In another aspect the invention relates to the use of the suspension of the invention, as above described in various aspects, for the preparation of a catalyst.

In a further aspect, the invention deals with a catalyst, in particular an automotive exhaust gas depollution catalyst, obtainable by the use of the suspension of the invention as above described.

In a still further aspect, the invention deals with a catalyst, in particular an automotive exhaust gas depollution catalyst, obtained by the use of the suspension of the invention as above described In another aspect, the invention deals with the use of the suspension of the invention, as a component of an abrasive composition.

The invention also deals with a process for the manufacture of the suspension of the invention, which comprises:

(a) providing a first suspension comprising oxygenated cerium compound and at least one carboxylic acid containing from 3 to 9 carbon atoms or a functionalized carboxylic acid having 2 carbon atoms in a liquid medium

(b) subjecting the first suspension to a mechanical treatment to provide the suspension according to anyone of claims 1 to 10.

In a more specific aspect of the process, the pH during step (b) is maintained from 4 to 6.

In a further aspect of the process, the mechanical energy is applied using inert metal oxide beads, in particular zirconia beads.

Detailed description of the invention

The invention concerns in consequence a suspension of oxygenated cerium compound particles, said particles having a D50 of from 10 to 200 nm and a D90 below 1000 nm, determined by laser particle size analysis, in a liquid medium, preferably an aqueous liquid medium comprising at least one carboxylic acid containing from 3 to 9 carbon atoms, at least one functionalized carboxylic acid having 2 carbon atoms or any mixture thereof.

It has been found, surprisingly, that the suspension according to the invention has an excellent stability of its particle size even when increasing the pH of the suspension to basic values which can be as high as 10. This allows for a great flexibility e.g. when combining the suspension with other components, in particular alkaline solutions or slurries, notably for catalyst manufacture.

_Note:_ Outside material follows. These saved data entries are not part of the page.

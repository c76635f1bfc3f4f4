-- ===== src/Mihon/Languages.antt =====
-- The language of an extension in rust/mihon/src/repo.rs: the set that the code builds, compared
-- with its meaning.
use dion_runtime.Base.{
  ◌≡◌, refl, sym, ap, ◌∙◌, arith, true, false, inl, inr, Bool-cases, List, [], ◌∷◌, map, Text,
  codes, all, contains, if◌then◌else◌, ◌==◌, ◌⊎◌, list_eq, nat_eq, list_beq_iff, beq_refl, ◌||◌,
}
use dion_runtime.Base.Prefix.{all_of_contains, contains_eq}
use dion_runtime.Mihon.Types.{Floats, Source, StoreExtension}
use dion_runtime.Mihon.Mapping.{distinct, single_or_all, repo_extension_from_store}

-- The language that all have, or "all" where there is none or two differ.
abbrev pub common_language : List Text → Text
common_language [] = codes "all"
common_language (l ∷ ls) = if all (λ m. m == l) ls then l else codes "all"

contains-distinct : (t : Text) (ts : List Text) → contains (distinct ts) t ≡ contains ts t
unfolding distinct
contains-distinct t [] = refl
contains-distinct t (u ∷ ts) = elim (Bool-cases (contains (distinct ts) u)) [
  | inr new ↦ rw new (ap (λ b. t == u || b) (contains-distinct t ts))
  | inl old ↦ rw old (elim (Bool-cases (t == u)) [
    | inr apart ↦ rw apart (contains-distinct t ts)
    | inl same ↦ rw same (contains_eq (distinct ts) t u same ∙ old)
  ])
]

distinct_of_same :
    (l : Text) (ts : List Text)
    → all (λ m. m == l) ts ≡ true
    → ((ts ≡ []) × (distinct ts ≡ [])) ⊎ (distinct ts ≡ l ∷ [])
unfolding distinct
distinct_of_same l [] h = inl (refl, refl)
distinct_of_same l (t ∷ ts) h =
    let first : t ≡ l = ground (arith, list_beq_iff t l) in
    inr (elim (distinct_of_same l ts (ground arith)) [
      | inl (e, n) ↦ rw n (ap (λ x. x ∷ []) first)
      | inr n ↦ rw (n, (list_beq_iff t l).1 first) refl
    ])

-- What the set has alone, all have.
single_of_distinct :
    (x l : Text) (ls : List Text) → distinct (l ∷ ls) ≡ x ∷ [] → all (λ m. m == l) ls ≡ true
single_of_distinct x l ls h =
    let only : (m : Text) → contains (l ∷ ls) m ≡ true → m ≡ x = λ m k.
      let there : contains (x ∷ []) m ≡ true =
        ap (λ s. contains s m) (sym h) ∙ contains-distinct m (l ∷ ls) ∙ k in
      ground (arith, there, list_beq_iff m x) in
    let head : l ≡ x = only l (ground (arith, beq_refl l)) in
    all_of_contains (λ m. m == l) ls
      λ m k. (list_beq_iff m l).1 (only m (ground (arith, k)) ∙ sym head)

single_or_all_lem : (ls : List Text) → single_or_all (distinct ls) ≡ common_language ls
unfolding distinct
single_or_all_lem [] = refl
single_or_all_lem (l ∷ ls) = elim (Bool-cases (all (λ m. m == l) ls)) [
  | inl same ↦ elim (distinct_of_same l (l ∷ ls) (ground (arith, same, beq_refl l))) [
    | inl (e, n) ↦ absurd (cc e)
    | inr n ↦ rw same (ap single_or_all n)
  ]
  | inr differ ↦ rw differ (go differ (distinct (l ∷ ls)) refl)
]
  where
    go :
        all (λ m. m == l) ls ≡ false
        → (s : List Text) → distinct (l ∷ ls) ≡ s
        → single_or_all s ≡ codes "all"
    go differ [] e = refl
    go differ (x ∷ []) e = let same = single_of_distinct x l ls e in absurd (cc (sym differ ∙ same))
    go differ (x ∷ y ∷ s) e = refl

-- The language of an extension of a store is the one that all its sources have, and "all" where
-- there is no source or two have different ones.
pub lang_lem :
    (f : Floats) (ext : StoreExtension)
    → (repo_extension_from_store f ext).lang
      ≡ common_language (map (λ (s : Source). s.language) ext.sources)
unfolding repo_extension_from_store
lang_lem f ext = single_or_all_lem (map (λ (s : Source). s.language) ext.sources)
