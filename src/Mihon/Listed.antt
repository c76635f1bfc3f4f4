-- ===== src/Mihon/Listed.antt =====
-- What `MihonAdapter` lists, it finds again.
use dion_runtime.Base.{
  ◌≡◌, refl, sym, ap, subst, ◌∙◌, arith, Bool, true, inl, inr, Bool-cases, some, List, [], ◌∷◌, map,
  Text, ok, err, Option-cases, Result-cases, All, any, list_eq, nat_eq, beq_refl,
}
use dion_runtime.Base.Maps.{lookup, lookup-insert_self}
use dion_runtime.Extension.{RemoteExtension, RemoteExtensionResult, ExtensionRepo}
use dion_runtime.Mihon.Types.{Floats, RepoExtension, RepoIndex}
use dion_runtime.Mihon.Mapping.{first, mihon_id, to_remote, index_to_result}
use dion_runtime.Mihon.Fetch.{Web, Decoders, fetch_repo}
use dion_runtime.Mihon.Adapter.{
  Repos, find, is_named, fetch_repo_index, get_remote_extension, browse_repo,
}

find-any {ℓ} :
    {A : Type ℓ} (p : A → Bool) (xs : List A)
    → any p xs ≡ true
    → (x : A) × (find p xs ≡ some x) × (p x ≡ true)
unfolding find
find-any p [] h = absurd (cc h)
find-any p (x ∷ xs) h = elim (Bool-cases (p x)) [
  | inl here ↦ (x, rw here refl, here)
  | inr past ↦ let found = find-any p xs (rw past at h) in (found.0, rw past found.1, found.2)
]

-- If each element passes its own test, each test is passed by one of the list.
All-any {ℓ} :
    {A : Type ℓ} (q : A → A → Bool)
    → ((x : A) → q x x ≡ true)
    → (xs ys : List A) → ((p : A → Bool) → any p xs ≡ true → any p ys ≡ true)
    → All (λ x. any (q x) ys ≡ true) xs
All-any q self [] ys sub = tt
All-any q self (x ∷ xs) ys sub =
    (sub (q x) (rw (self x) refl), All-any q self xs ys (λ p h. sub p (ground (arith, h))))

module _ (w : Web) (d : Decoders) (f : Floats) where
  fetch_known :
      (url : Text) (st : Repos w d f) (index : RepoIndex f)
      → lookup url st.repo_index_cache ≡ some index
      → fetch_repo_index w d f url st ≡ (ok index, st)
  unfolding fetch_repo_index
  fetch_known url st index h = rw (h, fetch_repo_index) refl

  -- An index that was fetched is kept.
  fetch_repo_index-lookup :
      (url : Text) (st st1 : Repos w d f) (index : RepoIndex f)
      → fetch_repo_index w d f url st ≡ (ok index, st1)
      → lookup url st1.repo_index_cache ≡ some index
  unfolding fetch_repo_index
  fetch_repo_index-lookup url st st1 index h =
      elim (Option-cases (lookup url st.repo_index_cache)) [
        | inr (known, e) ↦
            let done = rw (e, fetch_repo_index) at h in
            let same : known ≡ index = cc (done) in
            let kept : st ≡ st1 = ap (λ p. p.1) done in
            ap (λ s. lookup url s.repo_index_cache) (sym kept) ∙ e ∙ ap some same
        | inl fresh ↦ elim (Result-cases (fetch_repo w d f url st.net).0) [
          | inl (found, e) ↦
              let done = rw (fresh, e, fetch_repo_index) at h in
              let same : found ≡ index = cc (done) in
              ap (λ p. lookup url p.1.repo_index_cache) (sym done)
              ∙ lookup-insert_self url found st.repo_index_cache
              ∙ ap some same
          | inr (c, e) ↦ let done = rw (fresh, e, fetch_repo_index) at h in absurd (cc (done))
        ]
      ]

  id-is_named : (e : RepoExtension f) → is_named w d f (to_remote f e).id e ≡ true
  unfolding to_remote
  id-is_named e = elim (Option-cases (first e.sources)) [
    | inl nothing ↦ rw nothing (beq_refl e.pkg)
    | inr (s, h) ↦ rw h (ground (arith, beq_refl (mihon_id s)))
  ]

  -- The extension that an id names in an index that the adapter keeps.
  abbrev pub IsFound : ExtensionRepo → Repos w d f → RemoteExtension → Type 0
  IsFound repo st r =
      (e : RepoExtension f) × (get_remote_extension w d f repo r.id st
        ≡ (ok (some (to_remote f e)), st))
      × (is_named w d f r.id e ≡ true)

  each-IsFound :
      (repo : ExtensionRepo) (st : Repos w d f) (index : RepoIndex f)
      → fetch_repo_index w d f repo.remote_id st ≡ (ok index, st)
      → (es : List (RepoExtension f))
      → All (λ e. any (is_named w d f (to_remote f e).id) index.extensions ≡ true) es
      → All (IsFound repo st) (map (to_remote f) es)
  unfolding get_remote_extension
  each-IsFound repo st index known [] h = tt
  each-IsFound repo st index known (e ∷ es) (named, h) =
      let found = find-any (is_named w d f (to_remote f e).id) index.extensions named in
      ((found.0, rw (known, found.1) refl, found.2), each-IsFound repo st index known es h)

  -- After a browse_repo that succeeded, get_remote_extension finds an extension for the id of each
  -- extension that was listed, one that has the id as its own or as its package, and changes
  -- neither the kept indices nor the network.
  pub browse-get :
      (repo : ExtensionRepo) (st st1 : Repos w d f) (result : RemoteExtensionResult)
      → browse_repo w d f repo st ≡ (ok result, st1)
      → All (IsFound repo st1) result.content
  unfolding browse_repo index_to_result
  browse-get repo st st1 result h =
      elim (Result-cases (fetch_repo_index w d f repo.remote_id st).0) [
        | inl (index, e) ↦
            let whole : fetch_repo_index w d f repo.remote_id st
                ≡ (ok index, (fetch_repo_index w d f repo.remote_id st).1) =
              λ i. (e i, (fetch_repo_index w d f repo.remote_id st).1) in
            let done = rw whole at h in
            let kept : (fetch_repo_index w d f repo.remote_id st).1 ≡ st1 = ap (λ p. p.1) done in
            let listed : index_to_result f index.extensions ≡ result = cc (done) in
            let got : fetch_repo_index w d f repo.remote_id st ≡ (ok index, st1) =
              λ i. (e i, kept i) in
            let known =
              fetch_known repo.remote_id st1 index
                (fetch_repo_index-lookup repo.remote_id st st1 index got) in
            let all = each-IsFound repo st1 index known index.extensions (
              All-any (λ x. is_named w d f (to_remote f x).id) id-is_named index.extensions
                index.extensions λ p k. k) in
            subst (λ r. All (IsFound repo st1) r.content) listed all
        | inr (c, e) ↦
            let whole : fetch_repo_index w d f repo.remote_id st
                ≡ (err c, (fetch_repo_index w d f repo.remote_id st).1) =
              λ i. (e i, (fetch_repo_index w d f repo.remote_id st).1) in
            let done = rw whole at h in absurd (cc (done))
      ]
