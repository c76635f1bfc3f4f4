-- ===== src/Mihon/Redirects.antt =====
-- The redirects of rust/mihon/src/repo.rs: the fuel of `fetch_store` is enough, and a legacy
-- repository is never lost.
use dion_runtime.Base.{
  ℕ, zero, suc, ◌≡◌, refl, ap, fun_ext, arith, ◌+◌, ◌≤◌, ◌<◌, ◌⊎◌, Option, none, some, Text, inl,
  inr, leb, ok, err, Option-cases, Result-cases, true, list_eq, nat_eq, ◌≢◌, ◌∙◌, [], ◌∷◌, ◌++◌,
  codes, Result, ◌==◌, if◌then◌else◌,
}
use dion_runtime.Base.Action.{Action}
use dion_runtime.Base.Texts.{unwrap_or}
use dion_runtime.Mihon.Urls.{repo_base_url}
use dion_runtime.Mihon.Types.{RepoStore, LegacyRepoJson}
use dion_runtime.Mihon.Fetch.{
  Web, Decoders, RepoError, legacy, max_store_redirects, get_bytes, repo_json_of, resolve_pointed,
  resolve_legacy_store, legacy_store, pointed_at, fetch_turn, fetch_store_inner, fetch_store,
  parse_store_payload, sibling,
}

empty_of_none : (v : Text) → (if v == [] then none else some v) ≡ none → v ≡ []
empty_of_none [] h = refl
empty_of_none (c ∷ cs) h = absurd (cc h)

filled_of_some : (v v2 : Text) → (if v == [] then none else some v) ≡ some v2 → (v ≡ v2) × (v2 ≢ [])
filled_of_some [] v2 h = absurd (cc h)
filled_of_some (c ∷ cs) v2 h = (cc h, λ e. cc (h, e))

module _ (w : Web) (d : Decoders) where
  open w use {Net}

  deep_turn :
      (f g : Text → Action Net RepoError RepoStore) (url : Text) (depth : ℕ) (net : Net)
      → leb max_store_redirects depth ≡ true
      → fetch_turn w d f url depth net ≡ fetch_turn w d g url depth net
  unfolding fetch_turn
  deep_turn f g url depth net deep = rw deep refl

  -- More fuel than there are redirects left changes nothing.
  more_fuel :
      (fuel more depth : ℕ)
      → fuel ≤ more
      → max_store_redirects ≤ fuel + depth
      → (url : Text) (net : Net)
      → fetch_store_inner w d (suc more) url depth net
        ≡ fetch_store_inner w d (suc fuel) url depth net
  unfolding fetch_store_inner
  more_fuel zero more depth h k url net =
      deep_turn (λ v2. fetch_store_inner w d more v2 (depth + 1))
        (λ v2. fetch_store_inner w d zero v2 (depth + 1)) url depth net (ground arith)
  more_fuel (suc fuel) zero depth h k url net = absurd (omega arith)
  more_fuel (suc fuel) (suc more) depth h k url net =
      ap (λ f. fetch_turn w d f url depth net)
        (fun_ext
          λ v2. fun_ext λ m. more_fuel fuel more (depth + 1) (omega arith) (omega arith) v2 m)

  -- Any fuel above the number of redirects that are allowed gives the same result and the same
  -- network as the fuel of fetch_store.
  pub fetch_store-fuel :
      (fuel : ℕ) (url : Text) (net : Net)
      → max_store_redirects < fuel
      → fetch_store_inner w d fuel url 0 net ≡ fetch_store w d url net
  unfolding fetch_store
  fetch_store-fuel zero url net h = absurd (omega arith)
  fetch_store-fuel (suc fuel) url net h = more_fuel 10 fuel 0 (omega arith) (omega arith) url net

  -- What is known of the `repo.json` of a legacy repository, and the network then: the one that the
  -- URL gave, or else the one beside the list, where it can be had and parses.
  abbrev pub Known :
      Option LegacyRepoJson
      → Net
      → Result RepoError Text × Net
      → Option LegacyRepoJson × Net
      → Type 0
  Known (some repo) net beside known = known ≡ (some repo, net)
  Known none net (ok body, net1) known = known ≡ (d.legacy_repo body, net1)
  Known none net (err e, net1) known = known ≡ (none, net1)

  -- The legacy store at a URL: what its repo.json says of it, and nothing where there is none.
  abbrev pub IsLegacyStore : Text → Option LegacyRepoJson → RepoStore → Type 0
  IsLegacyStore url none s =
      (s.index_url ≡ url)
      × (s.name ≡ [])
      × (s.badge_label ≡ [])
      × (s.signing_key ≡ [])
      × (s.is_legacy ≡ true)
      × (s.extension_list_url ≡ none)
  IsLegacyStore url (some repo) s =
      (s.index_url ≡ url)
      × (s.name ≡ repo.meta.name)
      × (s.badge_label ≡ unwrap_or repo.meta.short_name [])
      × (s.signing_key ≡ repo.meta.signing_key_fingerprint)
      × (s.is_legacy ≡ true)
      × (s.extension_list_url ≡ none)

  -- The repo.json points at the URL, which is not empty; or it points at none.
  abbrev pub PointsAt : Option LegacyRepoJson → Text → Type 0
  PointsAt none v2 = ⊥
  PointsAt (some repo) v2 = (repo.index_v2 ≡ some v2) × (v2 ≢ [])

  abbrev pub PointsNowhere : Option LegacyRepoJson → Type 0
  PointsNowhere none = Unit
  PointsNowhere (some repo) = (repo.index_v2 ≡ none) ⊎ (repo.index_v2 ≡ some [])

  -- The store of a legacy repository whose `repo.json` was looked up: the one that it points at,
  -- or its own, where it points at none or at one that cannot be had.
  abbrev pub IsAnswerFor :
      Text
      → (Text → Action Net RepoError RepoStore)
      → Option LegacyRepoJson × Net
      → RepoStore
      → Type 0
  IsAnswerFor url fetch_v2 (repo, net) s =
      (IsLegacyStore url repo s
        × (PointsNowhere repo
            ⊎ ((v2 : Text) × (e : RepoError) × PointsAt repo v2 × ((fetch_v2 v2 net).0 ≡ err e))))
      ⊎ ((v2 : Text) × PointsAt repo v2 × ((fetch_v2 v2 net).0 ≡ ok s))

  sibling_answer-Known :
      (url : Text) (o : Option LegacyRepoJson) (net : Net)
      → Known o net
          (get_bytes w d (repo_base_url url ++ codes "/repo.json") net)
          (repo_json_of w d url o net)
  unfolding repo_json_of
  sibling_answer-Known url (some repo) net = refl
  sibling_answer-Known url none net =
      known (get_bytes w d (repo_base_url url ++ codes "/repo.json") net)
    where
      known :
          (beside : Result RepoError Text × Net)
          → Known none net beside (sibling w d beside.0, beside.1)
      known (ok body, net1) = refl
      known (err e, net1) = refl

  legacy_store-IsLegacyStore :
      (url : Text) (repo : Option LegacyRepoJson) → IsLegacyStore url repo (legacy_store url repo)
  legacy_store-IsLegacyStore url none = (refl, refl, refl, refl, refl, refl)
  legacy_store-IsLegacyStore url (some repo) = (refl, refl, refl, refl, refl, refl)

  points_nowhere : (repo : Option LegacyRepoJson) → pointed_at repo ≡ none → PointsNowhere repo
  points_nowhere none h = tt
  points_nowhere (some repo) h = elim (Option-cases repo.index_v2) [
    | inl e ↦ inl e
    | inr (v2, e) ↦ inr (e ∙ ap some (empty_of_none v2 (rw e at h)))
  ]

  points_at :
      (repo : Option LegacyRepoJson) (v2 : Text) → pointed_at repo ≡ some v2 → PointsAt repo v2
  points_at none v2 h = cc h
  points_at (some repo) v2 h = elim (Option-cases repo.index_v2) [
    | inl e ↦ absurd (cc (rw e at h))
    | inr (v, e) ↦
        let (same, filled) = filled_of_some v v2 (rw e at h) in (e ∙ ap some same, filled)
  ]

  resolve_legacy-IsAnswerFor :
      (fetch_v2 : Text → Action Net RepoError RepoStore) (url : Text) (o : Option LegacyRepoJson)
      (net : Net)
      → (s : RepoStore) × ((resolve_legacy_store w d fetch_v2 url o net).0 ≡ ok s)
        × IsAnswerFor url fetch_v2 (repo_json_of w d url o net) s
  unfolding resolve_legacy_store resolve_pointed
  resolve_legacy-IsAnswerFor fetch_v2 url o net =
      let known = repo_json_of w d url o net in
      let old = legacy_store url known.0 in
      let own = legacy_store-IsLegacyStore url known.0 in
      elim (Option-cases (pointed_at known.0)) [
        | inl alone ↦ (old, rw alone refl, inl (own, inl (points_nowhere known.0 alone)))
        | inr (v2, points) ↦
            let at = points_at known.0 v2 points in
            elim (Result-cases (fetch_v2 v2 known.1).0) [
              | inl (s, e) ↦ (s, rw (points, e) refl, inr (v2, at, e))
              | inr (c, e) ↦ (old, rw (points, e) refl, inl (own, inr (v2, c, at, e)))
            ]
      ]

  -- A URL that answers with a legacy payload always resolves to a store, whatever its repo.json and
  -- the stores that it points at answer. Where a repo.json is known, be it the payload itself or the
  -- file beside the list, and points at a store that can be had, it is that store; otherwise it is the
  -- legacy store, with the name, the badge and the key of repo.json, or with empty ones without it.
  pub fetch_store-legacy :
      (url : Text) (body : Text) (o : Option LegacyRepoJson) (net net1 : Net)
      → get_bytes w d url net ≡ (ok body, net1)
      → parse_store_payload d url body ≡ ok (legacy o)
      → (s : RepoStore) × ((fetch_store w d url net).0 ≡ ok s)
        × ((known : Option LegacyRepoJson × Net) × Known o net1
              (get_bytes w d (repo_base_url url ++ codes "/repo.json") net1)
              known
            × IsAnswerFor url (λ v2. fetch_store_inner w d max_store_redirects v2 1) known s)
  unfolding fetch_store fetch_store_inner fetch_turn
  fetch_store-legacy url body o net net1 got parsed =
      let (s, e, answer) =
        resolve_legacy-IsAnswerFor (λ v2. fetch_store_inner w d 10 v2 1) url o net1 in
      rw (got, parsed)
        (s, e, (repo_json_of w d url o net1, sibling_answer-Known url o net1, answer))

For example, some alkaline solution or suspension can be added such as basic solutions of noble metals or transition metals. The flexibility of the suspensions is also advantageous when the pH of the suspension is adjusted, for instance by addition of ammonia, to modify the rheology of the suspension facilitating the coating process on a substrate. The use of the suspension according to the invention can further reduce or avoid the exposure of workers to dust. The oxygenated cerium compound particles in the suspension can also display high porosity and surface area, what is particularly advantageous in catalyst application.

In the suspension according to the invention, the oxygenated cerium compound can be suitably selected from oxides, oxyhydroxides and hydroxides of cerium, or a mixture thereof which may optionally contain one or more dopants.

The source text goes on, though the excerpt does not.